2) Storage and description Following the approach described in the "Future registry expansion" section, I intend to add ranges for the values being monitored (which parameters and which ranges are still to be defined).

For example, in the case of number of CPU cores, we would have in the storage: /index/cpu/cores/1/2/4/8/16/32 The search could be like this: "index": ["cpu", {"cores": 4}], to get all nodes with at least 4 cores.

I first implemented an exact search saving only in the database the number of cores: /cpuCores-ID/4. And I created a new attribute node_resource_min that recovers all nodes that have at least the specified parameter. However, to get all the nodes it was necessary to do (1 + (number of runtimes)) requests to the storage. The first to recovery all nodes and 1 for each node to get the value and compare with the requested one.

Following the proposed approach, I can retrieve all nodes with only 1 requests. It seems to use more memory but has better performance.

3) Dynamic information and deployment changes In the first moment, I will not consider this issue. The idea is consider the new parameters for the first deployment only. But I believe it is doable, either by changing the storage system or by adding something in the input functions of the monitoring.

HaraldGustafsson commented 7 years ago

You say dynamic parameters, are you intending to have dynamic number of cores? Anyway be aware that the runtime is single threaded. You are supposed to have one runtime per core.

For parameters that are stable, like number of cores, max CPU rate, max memory, max network bandwidth. I would prefer if you used attributes, these could then be supplied when the runtime starts, and the call to csruntime could easily be wrapped with a tool to derive all values and then supplied to csruntime command.

For parmeters that change during the lifetime of the runtime it looks ok. We already have monitor in the runtime for actors, so to not confuse please use performance capability or resource e.g. POST /node/resource Which could take a larger dictionary with several values that you likely want to update simultaneously. These would then get a storage index-key like: index-/node/resource/cpuload/X/X etc by using new methods in attribute_resolver.py. You have node-id in the URL is that since you could tell any runtime to update the registry also for others?

In general looks interesting, could take a look at it in more detail when you make it public.

brunodonassolo commented 7 years ago

You say dynamic parameters, are you intending to have dynamic number of cores? Anyway be aware that the runtime is single threaded. You are supposed to have one runtime per core.

No, just a bad example =). I agree that it is not a good parameter to consider in the deployment at all given the single-threaded environment.

For parameters that are stable, like number of cores, max CPU rate, max memory, max network bandwidth. I would prefer if you used attributes, these could then be supplied when the runtime starts, and the call to csruntime could easily be wrapped with a tool to derive all values and then supplied to csruntime command.

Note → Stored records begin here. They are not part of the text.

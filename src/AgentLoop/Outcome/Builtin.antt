-- ===== src/AgentLoop/Outcome/Builtin.antt =====
-- The registry of the built-in tools can be built, and its tools keep what a run asks of them.
use shirita.Prelude.{
  ℕ, ◌≡◌, refl, subst, inl, inr, Option, none, some, Bool, Option-cases, Bool-cases, All, ◌&&◌, not,
  leb, length, is_empty, ltb,
}
use shirita.Text.{Text, codes, byte_len, text_eq}
use shirita.Json.{Serde}
use shirita.Tools.{
  ToolCall, ToolSpec, ToolHandler, ToolRegistry, no_tools, register, valid_name, split, Moment,
}
use shirita.Tools.Builtin.{
  status_tool, finish_tool, replace_response_tool, patch_response_tool, array_field, str_field,
}
use shirita.Tools.Random.{
  Dice, random_number_tool, random_choose_tool, span, i64_field, ℤ, draw_number,
  max_random_integer_span, max_random_items,
}
use shirita.Tools.Math.{Floats, math_tool, answer, eval_math, max_math_expression_bytes}
use shirita.Tools.Registry.{
  Building, then_register, builtin_tool_registry, update_status_spec, finish_spec, replace_spec,
  patch_spec, random_number_spec, random_choose_spec, math_spec,
}
use shirita.Assoc.{contains_key, insert, remove}
use shirita.Model.{ChatRequest}
use shirita.Workspace.Edits.{Fits}
use shirita.Agent.{AgentSettings, GenerationRun}
use shirita.AgentLoop.{Env}
use shirita.AgentLoop.Rounds.{run_harness}
use shirita.AgentLoop.Outcome.{Asks, Keeps, Promises, SoundEnd, run_harness-SoundEnd}
use shirita.AgentLoop.Outcome.Tools.{controls-Keep, no_tools-Promises, register-Promises}

Sound : Building → Type 0
Sound (inl e) = Unit
Sound (inr registry) = Promises registry

then_register-Sound :
    (b : Building) (spec : ToolSpec) (handler : ToolHandler)
    → Sound b
    → Keeps spec.name handler
    → Sound (then_register b spec handler)
unfolding Sound then_register
then_register-Sound (inl e) spec handler s k = tt
then_register-Sound (inr builder) spec handler s k = go (register builder spec handler) refl
  where
    go : (c : Building) → register builder spec handler ≡ c → Sound c
    go (inl e) q = tt
    go (inr built) q = register-Promises builder spec handler built s k q

draw_number-Asks :
    (dice : Dice) (moment : Moment) (call : ToolCall) (low high : ℤ) (o : Option ℕ)
    → Asks call (draw_number dice moment call low high o).control
draw_number-Asks dice moment call low high none = tt
draw_number-Asks dice moment call low high (some width) =
    elim (Bool-cases (ltb max_random_integer_span width)) [ inl e ↦ rw e tt | inr e ↦ rw e tt ]

random_number_tool-Keeps : (dice : Dice) (name : Text) → Keeps name (random_number_tool dice)
unfolding random_number_tool
random_number_tool-Keeps dice name moment call q =
    elim (Option-cases (i64_field call.arguments (codes "min"))) [
      | inl e ↦ rw (e, Asks) tt
      | inr (low, e) ↦
          rw (e, Asks)
            (elim (Option-cases (i64_field call.arguments (codes "max"))) [
              | inl f ↦ rw (f, Asks) tt
              | inr (high, f) ↦
                  rw (f, Asks) (draw_number-Asks dice moment call low high (span low high))
            ])
    ]

random_choose_tool-Keeps : (dice : Dice) (name : Text) → Keeps name (random_choose_tool dice)
unfolding random_choose_tool
random_choose_tool-Keeps dice name moment call q =
    elim (Option-cases (array_field call.arguments (codes "items"))) [
      | inl e ↦ rw (e, Asks) tt
      | inr (items, e) ↦
          rw (e, Asks)
            (elim (Bool-cases (not (is_empty items) && leb (length items) max_random_items)) [
              | inl f ↦ rw (f, Asks) tt
              | inr f ↦ rw (f, Asks) tt
            ])
    ]

module _ (fl : Floats) where
  answer-Asks : (call : ToolCall) (o : Option fl.F) → Asks call (answer fl call o).control
  answer-Asks call none = tt
  answer-Asks call (some v) = elim (Bool-cases (fl.is_finite v)) [
    | inl e ↦ rw e tt
    | inr e ↦ rw e tt
  ]

  math_tool-Keeps : (name : Text) → Keeps name (math_tool fl)
  unfolding math_tool
  math_tool-Keeps name moment call q =
      elim (Option-cases (str_field call.arguments (codes "expression"))) [
        | inl e ↦ rw (e, Asks) tt
        | inr (text, e) ↦
            rw (e, Asks)
              (elim (Bool-cases (leb (byte_len text) max_math_expression_bytes)) [
                | inl f ↦ rw (f, Asks) (answer-Asks call (eval_math fl text))
                | inr f ↦ rw (f, Asks) tt
              ])
      ]

  builtin-Sound : (dice : Dice) → Sound (builtin_tool_registry fl dice)
  unfolding builtin_tool_registry
  builtin-Sound dice =
      let b1 =
        then_register-Sound (inr no_tools) update_status_spec status_tool
          (unfold Sound in no_tools-Promises) (controls-Keep _).1 in
      let b2 = then_register-Sound _ finish_spec finish_tool b1 (controls-Keep (codes "")).0 in
      let b3 = then_register-Sound _ replace_spec replace_response_tool b2 (controls-Keep _).2 in
      let b4 = then_register-Sound _ patch_spec patch_response_tool b3 (controls-Keep _).3 in
      let b5 = then_register-Sound _ random_number_spec _ b4 (random_number_tool-Keeps dice _) in
      let b6 = then_register-Sound _ random_choose_spec _ b5 (random_choose_tool-Keeps dice _) in
      then_register-Sound _ math_spec _ b6 (math_tool-Keeps _)

pub builtin-Promises :
    (fl : Floats) (dice : Dice) (registry : ToolRegistry)
    → builtin_tool_registry fl dice ≡ inr registry
    → Promises registry
builtin-Promises fl dice registry e = unfold Sound in subst Sound e (builtin-Sound fl dice)

pub builtin_is_built :
    (fl : Floats) (dice : Dice)
    → (registry : ToolRegistry) × (builtin_tool_registry fl dice ≡ inr registry)
unfolding builtin_tool_registry then_register register valid_name contains_key insert remove split
    text_eq
builtin_is_built fl dice = (_, refl)

-- Every registration of a built-in tool succeeds, so that no `unwrap` panics; and a run with the
-- built-in tools, which starts with a workspace within the limit, has no panic, and where it finishes
-- its record is completed and its workspace holds the text that is sent, which is not empty and at
-- most 262144 bytes long. That holds for any provider, clock, settings, drawing of lots and
-- arithmetic of floats.
pub builtin_run-SoundEnd :
    (fl : Floats) (dice : Dice) (env : Env) (serde : Serde) (settings : AgentSettings)
    (request : ChatRequest) (native_supported : Bool) (run : GenerationRun)
    → Fits run.workspace
    → (registry : ToolRegistry) × (builtin_tool_registry fl dice ≡ inr registry)
      × All SoundEnd (
          run_harness
            (record { env = env; serde = serde; registry = registry; settings = settings })
            request
            native_supported
            run)
builtin_run-SoundEnd fl dice env serde settings request native_supported run f =
    let (registry, e) = builtin_is_built fl dice in
    (
      registry,
      e,
      run_harness-SoundEnd _ request native_supported run (builtin-Promises fl dice registry e) f,
    )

Ok, I will consider that. I'm just not sure about runtimes running in a container environment. Maybe some of the static values are not so static.

You have node-id in the URL is that since you could tell any runtime to update the registry also for others?

Yes, I left it. I don't think it is really useful, but I don't see a reason to remove it by now.

In general looks interesting, could take a look at it in more detail when you make it public.

Great. I'm developing in my fork of calvin (https://github.com/brunodonassolo/calvin-base/tree/resourceMonitor). As soon I believe I have at least a simple parameter working I'll submit a patch.

I'm struggling a little with the DHT in my local tests. Frequently I got errors messages when updating the values, like "1400-calvin.calvin.runtime.north.storage: Failed to update index-/cpu/avail" and "There are no known neighbors to set".

I'm still investigating, but did these messages say something to you?

Best,

brunodonassolo commented 7 years ago

I believe we can close this issue by now.

I'll open new ones if necessary to discuss another points about the network model in the deployment.

Thanks a lot for the help @HaraldGustafsson.